• _Your assignment_
Lines holding the string "returns" in the listing below are to be copied.

|---|

-- ===== src/Order/Place/Claim.antt =====
-- An idempotency key stands for one order, whoever claims it first.
use food_delivery_api.Common.{
  ℕ, ◌≡◌, ◌⊎◌, some, none, ok, arith, true, false, inl, inr, any, find, ◌==◌, Bool-cases,
  Option-cases,
}
use food_delivery_api.Common.Table.{any_of_find, find_passes}
use food_delivery_api.Order.Aggregate.{Order}
use food_delivery_api.Order.Store.{OrderDb, order_at, claim_at, is_key}
use food_delivery_api.Order.Menu.{PlaceOrderCommand, assert_valid_command, pending_order}
use food_delivery_api.Order.Saga.{start}
use food_delivery_api.Order.Commands.{reserve_stock_command}
use food_delivery_api.Order.Place.New.{order_row_of, with_new}
use food_delivery_api.Order.Place.{
  Outside, place_order, store_order, load_existing, resolve_concurrent_claim,
}

-- The key of a command is claimed for an order that is stored.
pub record IsClaimed (c : PlaceOrderCommand) (o : Order) (db : OrderDb) : Type 0 where
  pub order_id : ℕ
  pub claimed : claim_at c.tenant_id c.user_id c.idempotency_key db ≡ some order_id
  pub stored : order_at c.tenant_id order_id db ≡ some o

-- A valid command whose key is claimed returns the order of the claim, and writes nothing.
pub place_order_replay :
    (outside : Outside) (c : PlaceOrderCommand) (now : ℕ) (db : OrderDb) (o : Order)
    → assert_valid_command c ≡ ok tt
    → IsClaimed c o db
    → place_order outside c now db ≡ (ok o, db)
unfolding place_order
place_order_replay outside c now db o valid k = ground (arith, k.claimed, k.stored)

-- A claimed key makes the insert of another claim violate the primary key.
claim_is_taken :
    (t u k id : ℕ) (db : OrderDb)
    → claim_at t u k db ≡ some id
    → any (is_key t u k) db.idempotency_keys ≡ true
claim_is_taken t u k id db h = elim (Option-cases (find (is_key t u k) db.idempotency_keys)) [
  | inl e ↦ ground (arith, e)
  | inr (row, e) ↦
      any_of_find (is_key t u k) (is_key t u k) db.idempotency_keys row e
        (find_passes (is_key t u k) db.idempotency_keys row e)
]

claim_is_free :
    (t u k : ℕ) (db : OrderDb)
    → any (is_key t u k) db.idempotency_keys ≡ false
    → claim_at t u k db ≡ none
claim_is_free t u k db h = elim (Option-cases (claim_at t u k db)) [
  | inl e ↦ e
  | inr (id, e) ↦ ground (arith, claim_is_taken t u k id db e)
]

-- A command that finds its key free, and loses it to another request before its transaction,
-- returns that request's order and writes nothing of its own.
pub place_order_lost_race :
    (outside : Outside) (c : PlaceOrderCommand) (now : ℕ) (db : OrderDb) (pending o : Order)
    → assert_valid_command c ≡ ok tt
    → claim_at c.tenant_id c.user_id c.idempotency_key db ≡ none
    → pending_order outside.gateways c outside.order_id now ≡ ok pending
    → IsClaimed c o (outside.meanwhile db)
    → place_order outside c now db ≡ (ok o, outside.meanwhile db)
unfolding place_order
place_order_lost_race outside c now db pending o valid free made k = ground (
  arith,
  k.claimed,
  k.stored,
  claim_is_taken c.tenant_id c.user_id c.idempotency_key k.order_id (outside.meanwhile db)
      k.claimed,
)

-- The order that a claimed key stands for is loaded without a write.
pub load_existing-ok :
    (c : PlaceOrderCommand) (id : ℕ) (o : Order) (db db' : OrderDb)
    → claim_at c.tenant_id c.user_id c.idempotency_key db ≡ some id
    → load_existing c.tenant_id id db ≡ (ok o, db')
    → IsClaimed c o db × (db' ≡ db)
unfolding load_existing
load_existing-ok c id o db db' claimed h =
    (record { order_id = id; claimed = claimed; stored = ground arith }, ground arith)

resolve_concurrent_claim-ok :
    (c : PlaceOrderCommand) (o : Order) (db db' : OrderDb)
    → resolve_concurrent_claim c db ≡ (ok o, db')
    → IsClaimed c o db × (db' ≡ db)
unfolding resolve_concurrent_claim
resolve_concurrent_claim-ok c o db db' h =
    elim (Option-cases (claim_at c.tenant_id c.user_id c.idempotency_key db)) [
      | inl e ↦ ground (arith, e)
      | inr (id, e) ↦ load_existing-ok c id o db db' e (ground (arith, e))
    ]

-- A call stores its order under a free key, or returns the order that the key is claimed for.
pub store_order-ok :
    (outside : Outside) (c : PlaceOrderCommand) (pending o : Order) (now : ℕ) (db db' : OrderDb)
    → store_order outside c pending now db ≡ (ok o, db')
    → (IsClaimed c o db × (db' ≡ db))
      ⊎ ((claim_at c.tenant_id c.user_id c.idempotency_key db ≡ none)
          × (o ≡ order_row_of pending now)
          × (db' ≡ with_new outside c pending now db))
unfolding store_order reserve_stock_command start
store_order-ok outside c pending o now db db' h =
    elim (Bool-cases (any (is_key c.tenant_id c.user_id c.idempotency_key) db.idempotency_keys)) [
      | inl e ↦ inl (resolve_concurrent_claim-ok c o db db' (ground (arith, e)))
      | inr e ↦ elim (Bool-cases (any (λ row. row.order_id == outside.order_id) db.sagas)) [
        | inl e' ↦ inl (resolve_concurrent_claim-ok c o db db' (ground (arith, e, e')))
        | inr e' ↦ inr (
          claim_is_free c.tenant_id c.user_id c.idempotency_key db e,
          ground (arith, e, e'),
          ground (arith, e, e'),
        )
      ]
    ]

|---|

• _Written answer_
-- A valid command whose key is claimed returns the order of the claim, and writes nothing.
-- returns that request's order and writes nothing of its own.
-- A call stores its order under a free key, or returns the order that the key is claimed for.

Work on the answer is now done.